We will now create two inline policies for this user (the policies will only exist as part of this user account)
With the user selected, on the
tab, select .Select the JSON editor and paste the following (editing the bucket name to suit)
{
"Version": "2012-10-17",
"Statement": [
{
"Action": [
"s3:GetObject",
"s3:GetObjectVersion",
"s3:ListBucketVersions",
"s3:ListBucket"
],
"Effect": "Allow",
"Resource": [
"arn:aws:s3:::my-s3-bucket/*",
"arn:aws:s3:::my-s3-bucket"
]
}
]
}
Note
This policy gives full read access to the bucket. It is possible to modify the Resource section to be more strict on how the permissions are granted. This depends on the layout of your S3 bucket.
Click Review Policy
Give it a name like
read-access-to-s3-cloudtrail
Click Create Policy
Repeat the above steps to create a second inline policy for managing the SQS queue. The JSON is:
{
"Statement" : [
{
"Action" : [
"sqs:DeleteMessage",
"sqs:GetQueueUrl",
"sqs:ListDeadLetterSourceQueues",
"sqs:ReceiveMessage",
"sqs:GetQueueAttributes",
"sqs:ListQueueTags"
],
"Effect" : "Allow",
"Resource" : "arn:aws:sqs:eu-west-2:507820635124:humio-demo-sq"
}
],
"Version" : "2012-10-17"
}
Configure AWS CloudTrail to Send Logs to S3
Finally in AWS we configure AWS CloudTrail to send logs to the S3 bucket, using the official Amazon CloudTrail documentation.

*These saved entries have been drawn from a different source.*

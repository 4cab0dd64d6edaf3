-- ===== src/Breakpoints/System.antt =====
-- The system prompt, and the whole body.
use umans_gate.Base.{
  ℕ, ◌≤◌, ◌≡◌, refl, ap, ◌∙◌, false, List, [], ◌∷◌, Option, none, some, arith, ◌||◌, any,
  if◌then◌else◌,
}
use umans_gate.Breakpoints.{
  ContentBlock, Content, absent, text, blocks, Message, AnthropicBody, can_hold, last_user,
  restamp_messages, strip_breakpoint, with_breakpoint, strip_all, restamp_first, restamp_system,
  restamp_breakpoints,
}
use umans_gate.Breakpoints.Layout.{
  marks, content_marks, message_marks, last_user-restamp, restamp_messages_again, target-marks,
  restamp_messages-same,
}

module _ {R : Type 0} where
  strip_all-steady : (bs : List (ContentBlock R)) → marks bs ≡ 0 → strip_all bs ≡ (bs, false)
  unfolding strip_all
  strip_all-steady [] h = refl
  strip_all-steady (b ∷ bs) h = ground (arith, h, strip_all-steady bs)

  marks-strip_all : (bs : List (ContentBlock R)) → marks (strip_all bs).0 ≡ 0
  unfolding strip_all strip_breakpoint
  marks-strip_all [] = refl
  marks-strip_all (b ∷ bs) = ground (arith, marks-strip_all bs)

  strip_all-same : (bs : List (ContentBlock R)) → (strip_all bs).1 ≡ false → (strip_all bs).0 ≡ bs
  unfolding strip_all
  strip_all-same [] h = refl
  strip_all-same (b ∷ bs) h = ground (arith, h, strip_all-same bs)

  restamp_first_again :
      (b : ContentBlock R) → restamp_first (restamp_first b).0 ≡ ((restamp_first b).0, false)
  unfolding restamp_first with_breakpoint
  restamp_first_again b = ground arith

  restamp_system_again :
      (c : Content R) → restamp_system (restamp_system c).0 ≡ ((restamp_system c).0, false)
  unfolding restamp_system
  restamp_system_again absent = refl
  restamp_system_again (text t) = refl
  restamp_system_again (blocks []) = refl
  restamp_system_again (blocks (b ∷ bs)) =
      ground (arith, restamp_first_again b, strip_all-steady (strip_all bs).0 (marks-strip_all bs))

  system-marks : (c : Content R) → content_marks (restamp_system c).0 ≤ 1
  unfolding restamp_system
  system-marks absent = omega arith
  system-marks (text t) = omega arith
  system-marks (blocks []) = omega arith
  system-marks (blocks (b ∷ bs)) = ground (arith, marks-strip_all bs, strip_all-same bs)

  system-same : (c : Content R) → (restamp_system c).1 ≡ false → (restamp_system c).0 ≡ c
  unfolding restamp_system
  system-same absent h = refl
  system-same (text t) h = refl
  system-same (blocks []) h = refl
  system-same (blocks (b ∷ bs)) h = ground (arith, h)

  -- The messages and the system prompt, restamped.
  abbrev stamped : AnthropicBody R → Message R → List (Message R) → AnthropicBody R
  stamped body m ms = record body {
    messages = some (restamp_messages (last_user 0 (m ∷ ms)) 0 (m ∷ ms)).0;
    system = (restamp_system body.system).0;
  }

  -- An unchanged body is the restamped one as well.
  restamp_breakpoints_lem :
      (body : AnthropicBody R) (m : Message R) (ms : List (Message R))
      → body.messages ≡ some (m ∷ ms)
      → restamp_breakpoints body ≡ (
        stamped body m ms,
        (restamp_messages (last_user 0 (m ∷ ms)) 0 (m ∷ ms)).1 || (restamp_system body.system).1,
      )
  unfolding restamp_breakpoints
  restamp_breakpoints_lem body m ms e =
      ground
        (arith, e, restamp_messages-same (last_user 0 (m ∷ ms)) 0 (m ∷ ms), system-same body.system)

  restamp_none :
      (body : AnthropicBody R) → body.messages ≡ none → restamp_breakpoints body ≡ (body, false)
  unfolding restamp_breakpoints
  restamp_none body e = ground (arith, e)

  restamp_empty :
      (body : AnthropicBody R) → body.messages ≡ some [] → restamp_breakpoints body ≡ (body, false)
  unfolding restamp_breakpoints
  restamp_empty body e = ground (arith, e)

  steady :
      (body : AnthropicBody R) (m : Message R) (ms : List (Message R))
      → body.messages ≡ some (m ∷ ms)
      → restamp_messages (last_user 0 (m ∷ ms)) 0 (m ∷ ms) ≡ (m ∷ ms, false)
      → restamp_system body.system ≡ (body.system, false)
      → restamp_breakpoints body ≡ (body, false)
  unfolding restamp_breakpoints
  steady body m ms e f g = ground (arith, e, f, g)

  stamped_again :
      (body : AnthropicBody R) (m : Message R) (ms : List (Message R))
      → restamp_breakpoints (stamped body m ms) ≡ (stamped body m ms, false)
  unfolding restamp_messages
  stamped_again body m ms =
      let t = last_user 0 (m ∷ ms) in
      let again = (restamp_messages t 0 (m ∷ ms)).0 in
      steady (stamped body m ms) _ (restamp_messages t 1 ms).0 refl
        (ap (λ u. restamp_messages u 0 again) (last_user-restamp t 0 0 (m ∷ ms))
          ∙ restamp_messages_again t 0 (m ∷ ms))
        (restamp_system_again body.system)

  idem_at :
      (body : AnthropicBody R) (o : Option (List (Message R)))
      → body.messages ≡ o
      → restamp_breakpoints (restamp_breakpoints body).0 ≡ ((restamp_breakpoints body).0, false)
  idem_at body none e = rw (restamp_none body e) (restamp_none body e)
  idem_at body (some []) e = rw (restamp_empty body e) (restamp_empty body e)
  idem_at body (some (m ∷ ms)) e =
      rw (restamp_breakpoints_lem body m ms e) (stamped_again body m ms)

  same_at :
      (body : AnthropicBody R) (o : Option (List (Message R)))
      → body.messages ≡ o
      → (restamp_breakpoints body).1 ≡ false
      → (restamp_breakpoints body).0 ≡ body
  unfolding restamp_breakpoints
  same_at body none e h = ground (arith, e)
  same_at body (some []) e h = ground (arith, e)
  same_at body (some (m ∷ ms)) e h = ground (arith, e, h)

  -- A body that is not said to change is the body that came.
  pub restamp_breakpoints-same :
      (body : AnthropicBody R)
      → (restamp_breakpoints body).1 ≡ false
      → (restamp_breakpoints body).0 ≡ body
  restamp_breakpoints-same body h = same_at body body.messages refl h

  rest_at :
      (body : AnthropicBody R) (o : Option (List (Message R)))
      → body.messages ≡ o
      → (restamp_breakpoints body).0.rest ≡ body.rest
  rest_at body none e = rw (restamp_none body e) refl
  rest_at body (some []) e = rw (restamp_empty body e) refl
  rest_at body (some (m ∷ ms)) e = rw (restamp_breakpoints_lem body m ms e) refl

  -- What else a body holds stays.
  pub restamp_breakpoints-rest :
      (body : AnthropicBody R) → (restamp_breakpoints body).0.rest ≡ body.rest
  restamp_breakpoints-rest body = rest_at body body.messages refl

  -- Restamping a restamped body leaves it as it is and says so.
  pub restamp_breakpoints_idem :
      (body : AnthropicBody R)
      → restamp_breakpoints (restamp_breakpoints body).0 ≡ ((restamp_breakpoints body).0, false)
  restamp_breakpoints_idem body = idem_at body body.messages refl

  abbrev pub body_marks : AnthropicBody R → ℕ
  body_marks body = elim body.messages [ none ↦ 0 | some ms ↦ message_marks ms ]

  -- The messages of a restamped body have one breakpoint if some user message has blocks, else none,
  -- and its system prompt has at most one.
  pub restamp_breakpoints-marks :
      (body : AnthropicBody R) (m : Message R) (ms : List (Message R))
      → body.messages ≡ some (m ∷ ms)
      → (body_marks (restamp_breakpoints body).0 ≡ (if any can_hold (m ∷ ms) then 1 else 0))
        × (content_marks (restamp_breakpoints body).0.system ≤ 1)
  restamp_breakpoints-marks body m ms e =
      rw (restamp_breakpoints_lem body m ms e)
        (target-marks 0 (m ∷ ms) (last_user 0 (m ∷ ms)) refl, system-marks body.system)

What is important is that the CloudTrail logs should go to the S3 bucket that is configured as above, and that the prefix for writing those logs to the bucket matches the configuration in the SQS notification setup.
Create a CloudTrail Parser in LogScale
CloudTrail data is sent as JSON but it is wrapped in a top level
Records
array. This
means that additional parsing is needed for CloudTrail events to
appear individually in LogScale. This can be achieved by defining a
custom parser in LogScale and associating it with the access token for
the repository of your choice.
To create the custom parser in LogScale:
In your repository of choice go to Parsers → New Parser
For the name choose
json-cloudtrail
For the Parser Script you can use
parseJson()
| split(Records, strip=true)
| @rawstring := rename(@display)
| parseTimestamp(field=eventTime)
| drop([@display, _index])
Save the new parser and associate it with the access token for the repository that you will use in the FluentD configuration.
Configure FluentD Input
Install the relevant FluentD plugin for communicating with AWS S3 and SQS. On your FluentD server you can run:
gem install fluent-plugin-s3 -v 1.0.0 --no-document
The input configuration is below:
<source>
@type s3
aws_key_id XXXXXXXXXXX
aws_sec_key XXXXXXXXXXXXXXXXXXXXXXXXXXX
s3_bucket my-s3-bucket
s3_region eu-west-2
add_object_metadata true
<sqs>
queue_name my-queue-name
</sqs>
store_as gzip
<parse>
@type json
</parse>
</source>
Be sure to configure the plugin with the values relevant for your environment, including the ID and Key for the AWS user, S3 bucket name and region, and the SQS queue name.
More details and options for the input plugin are available on GitHub.
Configure FluentD Output
The output for this scenario is the same as the standard output to LogScale when using the Elasticsearch plugin for FluentD as documented here.
To install the elasticsearch plugin on your FluentD server you can run:
fluent-gem install fluent-plugin-elasticsearch
An example output configuration is below:
<match input.s3>
@type elasticsearch
host my.humio.instance
port 9200
scheme http
user ${cloudtrail}
password ${YYYYYYYYYYY}
logstash_format true
</match>
Replace cloudtrail
with your LogScale
repository name, and YYYYYYYYYYY
with your
access token.
Note
This is filtering on the tag input.s3 which should match all the data coming from our S3 input plugin, as we did not set or parse any additional tag data.